ELECTION RESULTS (July-September 1995)
Armenia: On July 5 and 29, Armenians took part in parliamentary elections for the first time since the country’s August 1990 declaration of independence from what was then the USSR. An observer mission from the Organization for Security and Cooperation in Europe described the campaign period and election process as “free, but not fair,” citing the bias of the state-run mass media, numerous reports of attempts to intimidate opposition candidates, and improprieties in the registration of candidates. The pro-government, six-party Hanrapetutyun (Republic) coalition captured almost 44 percent of the popular vote and won 20 of the 40 seats allocated by proportional representation (PR). The remaining PR seats went to the women’s organization Shamiram (8), the Communist Party of Armenia (6), and the Armenian Democratic Union and National Self-Determination Union (3 apiece). Plurality voting in 150 single-member districts (SMDs) decided who would hold the remaining seats in the 190-member National Assembly. Although results in several districts were withheld pending investigation of irregularities, the Central Electoral Commission confirmed that the Hanrapetutyun bloc garnered 139 of the SMD seats.
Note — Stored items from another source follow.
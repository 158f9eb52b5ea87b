-- ===== src/Backrun/Queues/Frames.antt =====
-- The parts of `PendingPool` (src/backrun.rs): without the parked bids, and without the cache.
use magma_sidecar.Prelude.{◌≡◌}
use magma_sidecar.Backrun.Pool.{PendingPool}

-- The pool without its cache: what the operations on the cache leave alone.
pub record SamePending {Tx : Type 0} (p r : PendingPool Tx) : Type 0 where
  pub policy : r.policy ≡ p.policy
  pub fallback : r.fallback ≡ p.fallback
  pub ttl : r.ttl ≡ p.ttl
  pub max_cache_entries : r.max_cache_entries ≡ p.max_cache_entries
  pub max_pending_entries : r.max_pending_entries ≡ p.max_pending_entries
  pub pending : r.pending ≡ p.pending
  pub pending_order : r.pending_order ≡ p.pending_order
  pub pending_count : r.pending_count ≡ p.pending_count

-- The pool without its parked bids: what the operations on these leave alone.
pub record SameCache {Tx : Type 0} (p r : PendingPool Tx) : Type 0 where
  pub policy : r.policy ≡ p.policy
  pub fallback : r.fallback ≡ p.fallback
  pub ttl : r.ttl ≡ p.ttl
  pub max_cache_entries : r.max_cache_entries ≡ p.max_cache_entries
  pub max_pending_entries : r.max_pending_entries ≡ p.max_pending_entries
  pub cache : r.cache ≡ p.cache
  pub cache_order : r.cache_order ≡ p.cache_order
  pub streamed_targets : r.streamed_targets ≡ p.streamed_targets

-- The parameters of the pool, which no operation changes.
pub record SameLimits {Tx : Type 0} (p r : PendingPool Tx) : Type 0 where
  pub policy : r.policy ≡ p.policy
  pub fallback : r.fallback ≡ p.fallback
  pub ttl : r.ttl ≡ p.ttl
  pub max_cache_entries : r.max_cache_entries ≡ p.max_cache_entries
  pub max_pending_entries : r.max_pending_entries ≡ p.max_pending_entries
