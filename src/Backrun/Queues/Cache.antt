-- ===== src/Backrun/Queues/Cache.antt =====
-- The invariant of the cache (src/backrun.rs): its queue, its capacity and the streamed targets.
use magma_sidecar.Prelude.{
  ℕ, ◌≤◌, ◌≡◌, inl, inr, true, false, ltb, List, [], ◌∷◌, length, contains, arith, Bool-cases,
  ltb→le,
}
use magma_sidecar.Prelude.Map
use magma_sidecar.Prelude.Set
use magma_sidecar.Backrun.Pool.{PendingPool}
use magma_sidecar.Backrun.Queues.Frames.{SamePending}
use magma_sidecar.Backrun.Queues.{drop_oldest, evict_cache, add_cache, insert_cache}

-- The invariant of the cache, for the hashes `queue` that wait in its FIFO queue.
pub record IsQueued {Tx : Type 0} (queue : List ℕ) (p : PendingPool Tx) : Type 0 where
  pub queued : (h : ℕ) → Map.contains_key h p.cache ≡ true → contains h queue ≡ true
  pub streamed : (h : ℕ) → contains h p.streamed_targets ≡ true → Map.contains_key h p.cache ≡ true

abbrev pub IsCacheValid : {Tx : Type 0} → PendingPool Tx → Type 0
IsCacheValid p = IsQueued p.cache_order p

module _ {Tx : Type 0} where
  -- Taking a hash out of the cache and out of the streamed targets.
  abbrev pub uncache : ℕ → PendingPool Tx → PendingPool Tx
  uncache h p = record p {
    cache = Map.remove h p.cache;
    streamed_targets = Set.remove h p.streamed_targets;
  }

  pub uncache-IsQueued :
      (h : ℕ) (queue : List ℕ) (p : PendingPool Tx)
      → IsQueued (h ∷ queue) p
      → IsQueued queue (uncache h p)
  uncache-IsQueued h queue p v = record {
    queued = λ k c. ground (arith, v.queued k, Map.contains_key-remove h k p.cache);
    streamed = λ k c. ground (
      arith,
      v.streamed k,
      Map.contains_key-remove h k p.cache,
      Set.contains-remove h k p.streamed_targets,
    );
  }

  pub skip-IsQueued :
      (h : ℕ) (queue : List ℕ) (p : PendingPool Tx)
      → IsQueued (h ∷ queue) p
      → Map.contains_key h p.cache ≡ false
      → IsQueued queue p
  skip-IsQueued h queue p v gone = record {
    queued = λ k c. ground (arith, v.queued k, gone);
    streamed = v.streamed;
  }

  drop_oldest-IsQueued :
      (h : ℕ) (queue : List ℕ) (p : PendingPool Tx)
      → IsQueued (h ∷ queue) p
      → IsQueued queue (drop_oldest h p)
  unfolding drop_oldest
  drop_oldest-IsQueued h queue p v = elim (Bool-cases (Map.contains_key h p.cache)) [
    | inl held ↦ rw held (uncache-IsQueued h queue p v)
    | inr gone ↦ rw gone (skip-IsQueued h queue p v gone)
  ]

  drop_oldest-SamePending : (h : ℕ) (p : PendingPool Tx) → SamePending p (drop_oldest h p)
  unfolding drop_oldest
  drop_oldest-SamePending h p = ground arith

  -- The eviction loop keeps the invariant and ends within the capacity.
  evict_cache-IsQueued :
      (queue : List ℕ) (p : PendingPool Tx)
      → IsQueued queue p
      → IsCacheValid (evict_cache queue p)
        × (length (evict_cache queue p).cache ≤ p.max_cache_entries)
  unfolding evict_cache
  evict_cache-IsQueued [] p v =
      let none_cached : p.cache ≡ [] =
        Map.eq-nil_of_get p.cache (λ k. ground (arith, v.queued k)) in
      (record { queued = v.queued; streamed = v.streamed }, rw none_cached (omega arith))
  evict_cache-IsQueued (old ∷ rest) p v =
      elim (Bool-cases (ltb p.max_cache_entries (length p.cache))) [
        | inl over ↦
            let kept =
              evict_cache-IsQueued rest (drop_oldest old p) (drop_oldest-IsQueued old rest p v) in
            let capacity = (drop_oldest-SamePending old p).max_cache_entries in
            rw over (kept.0, omega (arith, kept.1, capacity))
        | inr within ↦
            rw within (record { queued = v.queued; streamed = v.streamed }, ltb→le _ _ within)
      ]

  evict_cache-SamePending :
      (queue : List ℕ) (p : PendingPool Tx) → SamePending p (evict_cache queue p)
  unfolding evict_cache
  evict_cache-SamePending [] p = ground arith
  evict_cache-SamePending (old ∷ rest) p =
      ground
        (arith, drop_oldest-SamePending old p, evict_cache-SamePending rest (drop_oldest old p))

  add_cache-IsQueued :
      (hash : ℕ) (tx : Tx) (now : ℕ) (p : PendingPool Tx)
      → IsCacheValid p
      → IsCacheValid (add_cache hash tx now p)
  unfolding add_cache
  add_cache-IsQueued hash tx now p v = record {
    queued = λ k c. ground (
      arith,
      v.queued k,
      Map.contains_key-insert hash k (record { tx = tx; seen_at = now }) p.cache,
      Set.contains-append k p.cache_order (hash ∷ []),
    );
    streamed = λ k c. ground (
      arith,
      v.streamed k,
      Map.contains_key-insert hash k (record { tx = tx; seen_at = now }) p.cache,
    );
  }

  -- Where the cache is well formed, caching a transaction keeps it so, ends within the capacity
  -- whatever the cache held before, and leaves the parked bids and the settings alone.
  pub insert_cache-IsCacheValid :
      (hash : ℕ) (tx : Tx) (now : ℕ) (p : PendingPool Tx)
      → IsCacheValid p
      → IsCacheValid (insert_cache hash tx now p)
        × (length (insert_cache hash tx now p).cache ≤ p.max_cache_entries)
        × SamePending p (insert_cache hash tx now p)
  unfolding insert_cache add_cache
  insert_cache-IsCacheValid hash tx now p v =
      let added = add_cache hash tx now p in
      let kept =
        evict_cache-IsQueued added.cache_order added (add_cache-IsQueued hash tx now p v) in
      (
        kept.0,
        kept.1,
        record {
          policy = same.policy;
          fallback = same.fallback;
          ttl = same.ttl;
          max_cache_entries = same.max_cache_entries;
          max_pending_entries = same.max_pending_entries;
          pending = same.pending;
          pending_order = same.pending_order;
          pending_count = same.pending_count;
        },
      )
    where
      same : SamePending (add_cache hash tx now p) (insert_cache hash tx now p)
      same = evict_cache-SamePending (add_cache hash tx now p).cache_order (add_cache hash tx now p)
A referendum, held at the same time as the first round of parliamentary balloting, approved Armenia’s proposed new constitution. The constitution passed muster with 68 percent of the participating voters, who in turn comprised 37.8 percent of all eligible voters. (The constitution needed to win a simple majority in the referendum, with the further stipulation that the number of “yes” votes had to equal or exceed one-third of the total number of those eligible to vote.)
Dominica: In voting on July 11, retiring prime minister Mary Eugenia Charles’s Dominica Freedom Party lost its majority in the 21-seat House of Assembly when it garnered only 5 seats. The Dominica United Workers’ Party (DUWP), led by incoming prime minister Edison C. James, captured 10 seats. The Labour Party of Dominica, meanwhile, maintained its total of 5 seats. A dispute arose over the twenty-first seat, which seemed at first to have been won by the DUWP. The disposition of that seat will be decided by either a court order or a by-election in the coming months.
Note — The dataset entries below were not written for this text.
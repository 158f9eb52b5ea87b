-- ===== src/Backrun/Queues/Parked.antt =====
-- The invariant of the parked bids (src/backrun.rs): the count, the entries and the queue.
use mathlib.Core.Path.{subst₂}
pub mod Take
pub mod Park
pub mod Bid
pub mod Forget
use magma_sidecar.Prelude.{
  All, ℕ, suc, ◌+◌, ◌-◌, ◌≤◌, ◌<◌, ◌≡◌, ◌≢◌, refl, ap, subst, ◌∙◌, inl, inr, true, false, ◌==◌, ltb,
  leb, none, some, List, [], ◌∷◌, ◌++◌, length, length-append, position, position_from,
  position-split, remove_at, arith, Bool-cases, Option-cases, if◌then◌else◌, Option, Bool, ◌&&◌,
  ◌⊎◌,
}
use magma_sidecar.Prelude.Map
use magma_sidecar.Prelude.Map.{HashMap}
use magma_sidecar.Word.{wrapping_sub_usize}
use magma_sidecar.Backrun.Pool.{PendingPool, PendingBid}
use magma_sidecar.Backrun.Queues.{find_parked, take_parked, is_empty}

-- How often a pair stands in the queue.
abbrev pub queued : ℕ → ℕ → List (ℕ × ℕ) → ℕ
queued t h [] = 0
queued t h ((t', h') ∷ q) = if t' == t && h' == h then suc (queued t h q) else queued t h q

pub queued-append :
    (t h : ℕ) (q r : List (ℕ × ℕ)) → queued t h (q ++ r) ≡ queued t h q + queued t h r
queued-append t h [] r = omega arith
queued-append t h ((t', h') ∷ q) r = ground (arith, queued-append t h q r)

module _ {Tx : Type 0} where
  -- How many bids are parked.
  abbrev pub total : HashMap (List (PendingBid Tx)) → ℕ
  total [] = 0
  total ((t, bids) ∷ m) = length bids + total m

  -- How many bids of a list have the hash.
  abbrev pub count_hash : ℕ → List (PendingBid Tx) → ℕ
  count_hash h [] = 0
  count_hash h (b ∷ bids) = if b.hash == h then suc (count_hash h bids) else count_hash h bids

  -- How often the bid is parked under the target.
  abbrev pub parked : ℕ → ℕ → HashMap (List (PendingBid Tx)) → ℕ
  parked t h [] = 0
  parked t h ((t', bids) ∷ m) = if t' == t then count_hash h bids else parked t h m

  -- Every entry holds bids of its own target, and at least one.
  abbrev pub Entries : HashMap (List (PendingBid Tx)) → Type 0
  Entries [] = Unit {0}
  Entries ((t, bids) ∷ m) = (is_empty bids ≡ false) × All (λ b. b.target ≡ t) bids × Entries m

  pub record IsParked (queue : List (ℕ × ℕ)) (p : PendingPool Tx) : Type 0 where
    pub distinct : Map.Distinct p.pending
    pub entries : Entries p.pending
    pub counted : p.pending_count ≡ total p.pending
    pub waiting : (t h : ℕ) → parked t h p.pending ≤ queued t h queue

  count_hash-append :
      (h : ℕ) (xs ys : List (PendingBid Tx))
      → count_hash h (xs ++ ys) ≡ count_hash h xs + count_hash h ys
  count_hash-append h [] ys = omega arith
  count_hash-append h (x ∷ xs) ys = ground (arith, count_hash-append h xs ys)

  -- A written entry, and a removed one.
  total-insert :
      (t : ℕ) (old new : List (PendingBid Tx)) (m : HashMap (List (PendingBid Tx)))
      → Map.get t m ≡ some old
      → total (Map.insert t new m) + length old ≡ total m + length new
  total-insert t old new [] h = absurd (ground arith)
  total-insert t old new ((t', bids) ∷ m) h = ground (arith, total-insert t old new m)

  total-insert_new :
      (t : ℕ) (new : List (PendingBid Tx)) (m : HashMap (List (PendingBid Tx)))
      → Map.get t m ≡ none
      → total (Map.insert t new m) ≡ total m + length new
  total-insert_new t new [] h = omega arith
  total-insert_new t new ((t', bids) ∷ m) h = ground (arith, total-insert_new t new m)

  pub total-remove :
      (t : ℕ) (old : List (PendingBid Tx)) (m : HashMap (List (PendingBid Tx)))
      → Map.Distinct m
      → Map.get t m ≡ some old
      → total (Map.remove t m) + length old ≡ total m
  total-remove t old [] d h = absurd (ground arith)
  total-remove t old ((t', bids) ∷ m) d h = elim (Bool-cases (t' == t)) [
    | inl same ↦ ground (arith, same, Map.remove_absent t m)
    | inr other ↦ ground (arith, other, total-remove t old m d.1)
  ]

  parked-insert :
      (t h k : ℕ) (new : List (PendingBid Tx)) (m : HashMap (List (PendingBid Tx)))
      → parked k h (Map.insert t new m) ≡ (if t == k then count_hash h new else parked k h m)
  parked-insert t h k new [] = refl
  parked-insert t h k new ((t', bids) ∷ m) = ground (arith, parked-insert t h k new m)

  pub parked-remove :
      (t h k : ℕ) (m : HashMap (List (PendingBid Tx)))
      → parked k h (Map.remove t m) ≡ (if t == k then 0 else parked k h m)
  parked-remove t h k [] = ground arith
  parked-remove t h k ((t', bids) ∷ m) = ground (arith, parked-remove t h k m)

  pub parked_of_get :
      (t h : ℕ) (m : HashMap (List (PendingBid Tx)))
      → parked t h m ≡ elim (Map.get t m) [ none ↦ 0 | some bids ↦ count_hash h bids ]
  parked_of_get t h [] = refl
  parked_of_get t h ((t', bids) ∷ m) = ground (arith, parked_of_get t h m)

  Entries-insert :
      (t : ℕ) (new : List (PendingBid Tx)) (m : HashMap (List (PendingBid Tx)))
      → Entries m
      → is_empty new ≡ false
      → All (λ b. b.target ≡ t) new
      → Entries (Map.insert t new m)
  Entries-insert t new [] e full good = (full, good, tt)
  Entries-insert t new ((t', bids) ∷ m) e full good =
      ground (arith, Entries-insert t new m e.2 full good)

  pub Entries-remove :
      (t : ℕ) (m : HashMap (List (PendingBid Tx))) → Entries m → Entries (Map.remove t m)
  Entries-remove t [] e = tt
  Entries-remove t ((t', bids) ∷ m) e = ground (arith, Entries-remove t m e.2)

  Entries-get :
      (t : ℕ) (bids : List (PendingBid Tx)) (m : HashMap (List (PendingBid Tx)))
      → Entries m
      → Map.get t m ≡ some bids
      → All (λ b. b.target ≡ t) bids
  Entries-get t bids [] e h = absurd (ground arith)
  Entries-get t bids ((t', others) ∷ m) e h = elim (Bool-cases (t' == t)) [
    | inl same ↦
        let here : t' ≡ t = ground (arith, same) in
        let these : others ≡ bids = ground (arith, same) in
        subst₂ (λ u xs. All (λ (b : PendingBid Tx). b.target ≡ u) xs) here these e.1
    | inr other ↦ Entries-get t bids m e.2 (ground (arith, other))
  ]

  pub Entries-full :
      (t : ℕ) (bids : List (PendingBid Tx)) (m : HashMap (List (PendingBid Tx)))
      → Entries m
      → Map.get t m ≡ some bids
      → is_empty bids ≡ false
  Entries-full t bids [] e h = absurd (ground arith)
  Entries-full t bids ((t', others) ∷ m) e h = elim (Bool-cases (t' == t)) [
    | inl same ↦ let these : others ≡ bids = ground (arith, same) in rw (← these) e.0
    | inr other ↦ Entries-full t bids m e.2 (ground (arith, other))
  ]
Guinea: In elections whose conduct was criticized by international observers and whose results have been protested by the opposition, Guinea chose a new, 114-seat National Assembly on June 11. In this first-ever multiparty balloting, President Lansana Conte’s Party for Unity and Progress won a commanding 71 seats. The Guinean People’s Rally heads the opposition with 19 seats and has since aligned with the Party of Renewal and Progress and the Union for the New Republic, each holding 9 seats. The Union for the Progress of Guinea won 2 seats. Four other parties earned one seat each in the new legislature, which replaces the Transitional Council of National Recovery.
Haiti: In elections on June 25 (with make-up balloting, necessitated by widespread irregularities in eight of the island nation’s nine provinces, on July 22), Haitian voters chose a new 18-member Senate and 83-member Chamber of Deputies. Complete official results were still not available at the time of this writing. They will be reported in a future issue.
Hong Kong: Legislative elections were scheduled for September 17. Results will be reported in a future issue.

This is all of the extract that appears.